_Supplied records_:
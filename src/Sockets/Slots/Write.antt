-- ===== src/Sockets/Slots/Write.antt =====
-- Tables with another entry under one id, and their open entries.
use belt_pp.Base.{
  ℕ, ◌≡◌, ◌≢◌, refl, sym, ap, ◌∙◌, arith, Option, none, some, ◌==◌, Bool, true, false,
  if◌then◌else◌, ℕ_discrete,
}
use belt_pp.Sockets.Slots.Drain.{open_of}
use belt_pp.Sockets.Slots.Keeps.{write}

module _ {ℓ} {A : Type ℓ} (f : ℕ → Option A) (i : ℕ) where
  pub write_here : (o : Option A) → write f i o i ≡ o
  write_here o = let t : (i == i) ≡ true = ground arith in rw t refl

  pub write_there : (o : Option A) (j : ℕ) → j ≢ i → write f i o j ≡ f j
  write_there o j ne = let t : (j == i) ≡ false = ground arith in rw t refl

  pub write_again : (a b : A) (j : ℕ) → f i ≡ some a → write (write f i (some b)) i (some a) j ≡ f j
  write_again a b j there = elim (ℕ_discrete j i) [
    | yes same ↦ let t : (i == i) ≡ true = ground arith in rw (same, t, there) refl
    | no ne ↦ let t : (j == i) ≡ false = ground arith in rw t refl
  ]

pub write-ext {ℓ} :
    {A : Type ℓ} {f g : ℕ → Option A} (i : ℕ) (o : Option A)
    → ((j : ℕ) → f j ≡ g j)
    → (j : ℕ) → write f i o j ≡ write g i o j
write-ext i o same j = ap (λ x. if j == i then o else x) (same j)

-- The open entries `F` of a table `f`, behind a write.
module _ {ℓ} {A : Type ℓ} (closed : A → Bool) (f F : ℕ → Option A)
    (same : (j : ℕ) → open_of closed (f j) ≡ F j) (i : ℕ) where
  pub open_write :
      (a : A) (j : ℕ)
      → closed a ≡ false
      → open_of closed (write f i (some a) j) ≡ write F i (some a) j
  open_write a j live = elim (ℕ_discrete j i) [
    | yes here ↦ let t : (i == i) ≡ true = ground arith in rw (here, t, live) refl
    | no ne ↦ let t : (j == i) ≡ false = ground arith in rw t (same j)
  ]

  pub open_write_closed :
      (a : A) (j : ℕ) → closed a ≡ true → open_of closed (write f i (some a) j) ≡ write F i none j
  open_write_closed a j shut = elim (ℕ_discrete j i) [
    | yes here ↦ let t : (i == i) ≡ true = ground arith in rw (here, t, shut) refl
    | no ne ↦ let t : (j == i) ≡ false = ground arith in rw t (same j)
  ]

  pub open_write_gone : (j : ℕ) → open_of closed (write f i none j) ≡ write F i none j
  open_write_gone j = elim (ℕ_discrete j i) [
    | yes here ↦ let t : (i == i) ≡ true = ground arith in rw (here, t) refl
    | no ne ↦ let t : (j == i) ≡ false = ground arith in rw t (same j)
  ]

  -- Writing a free id and taking the entry away again.
  pub open_write_back :
      (a : A) (j : ℕ) → f i ≡ none → open_of closed (write (write f i (some a)) i none j) ≡ F j
  open_write_back a j free = elim (ℕ_discrete j i) [
    | yes here ↦
        let t : (i == i) ≡ true = ground arith in
        rw (here, t) (ap (open_of closed) (sym free) ∙ same i)
    | no ne ↦ let t : (j == i) ≡ false = ground arith in rw t (same j)
  ]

_Task brief_: Your answer should be the material, retyped exactly as written.

_Answer to this problem_:
filename src/Sockets/Slots/Write.antt
-- ===== src/Sockets/Slots/Write.antt =====
-- Tables with another entry under one id, and their open entries.
use belt_pp.Base.{
  ℕ, ◌≡◌, ◌≢◌, refl, sym, ap, ◌∙◌, arith, Option, none, some, ◌==◌, Bool, true, false,
  if◌then◌else◌, ℕ_discrete,
}
use belt_pp.Sockets.Slots.Drain.{open_of}
use belt_pp.Sockets.Slots.Keeps.{write}

module _ {ℓ} {A : Type ℓ} (f : ℕ → Option A) (i : ℕ) where
  pub write_here : (o : Option A) → write f i o i ≡ o
  write_here o = let t : (i == i) ≡ true = ground arith in rw t refl

  pub write_there : (o : Option A) (j : ℕ) → j ≢ i → write f i o j ≡ f j
  write_there o j ne = let t : (j == i) ≡ false = ground arith in rw t refl

  pub write_again : (a b : A) (j : ℕ) → f i ≡ some a → write (write f i (some b)) i (some a) j ≡ f j
  write_again a b j there = elim (ℕ_discrete j i) [
    | yes same ↦ let t : (i == i) ≡ true = ground arith in rw (same, t, there) refl
    | no ne ↦ let t : (j == i) ≡ false = ground arith in rw t refl
  ]

pub write-ext {ℓ} :
    {A : Type ℓ} {f g : ℕ → Option A} (i : ℕ) (o : Option A)
    → ((j : ℕ) → f j ≡ g j)
    → (j : ℕ) → write f i o j ≡ write g i o j
write-ext i o same j = ap (λ x. if j == i then o else x) (same j)

-- The open entries `F` of a table `f`, behind a write.
module _ {ℓ} {A : Type ℓ} (closed : A → Bool) (f F : ℕ → Option A)
    (same : (j : ℕ) → open_of closed (f j) ≡ F j) (i : ℕ) where
  pub open_write :
      (a : A) (j : ℕ)
      → closed a ≡ false
      → open_of closed (write f i (some a) j) ≡ write F i (some a) j
  open_write a j live = elim (ℕ_discrete j i) [
    | yes here ↦ let t : (i == i) ≡ true = ground arith in rw (here, t, live) refl
    | no ne ↦ let t : (j == i) ≡ false = ground arith in rw t (same j)
  ]

  pub open_write_closed :
      (a : A) (j : ℕ) → closed a ≡ true → open_of closed (write f i (some a) j) ≡ write F i none j
  open_write_closed a j shut = elim (ℕ_discrete j i) [
    | yes here ↦ let t : (i == i) ≡ true = ground arith in rw (here, t, shut) refl
    | no ne ↦ let t : (j == i) ≡ false = ground arith in rw t (same j)
  ]

  pub open_write_gone : (j : ℕ) → open_of closed (write f i none j) ≡ write F i none j
  open_write_gone j = elim (ℕ_discrete j i) [
    | yes here ↦ let t : (i == i) ≡ true = ground arith in rw (here, t) refl
    | no ne ↦ let t : (j == i) ≡ false = ground arith in rw t (same j)
  ]

  -- Writing a free id and taking the entry away again.
  pub open_write_back :
      (a : A) (j : ℕ) → f i ≡ none → open_of closed (write (write f i (some a)) i none j) ≡ F j
  open_write_back a j free = elim (ℕ_discrete j i) [
    | yes here ↦
        let t : (i == i) ≡ true = ground arith in
        rw (here, t) (ap (open_of closed) (sym free) ∙ same i)
    | no ne ↦ let t : (j == i) ≡ false = ground arith in rw t (same j)
  ]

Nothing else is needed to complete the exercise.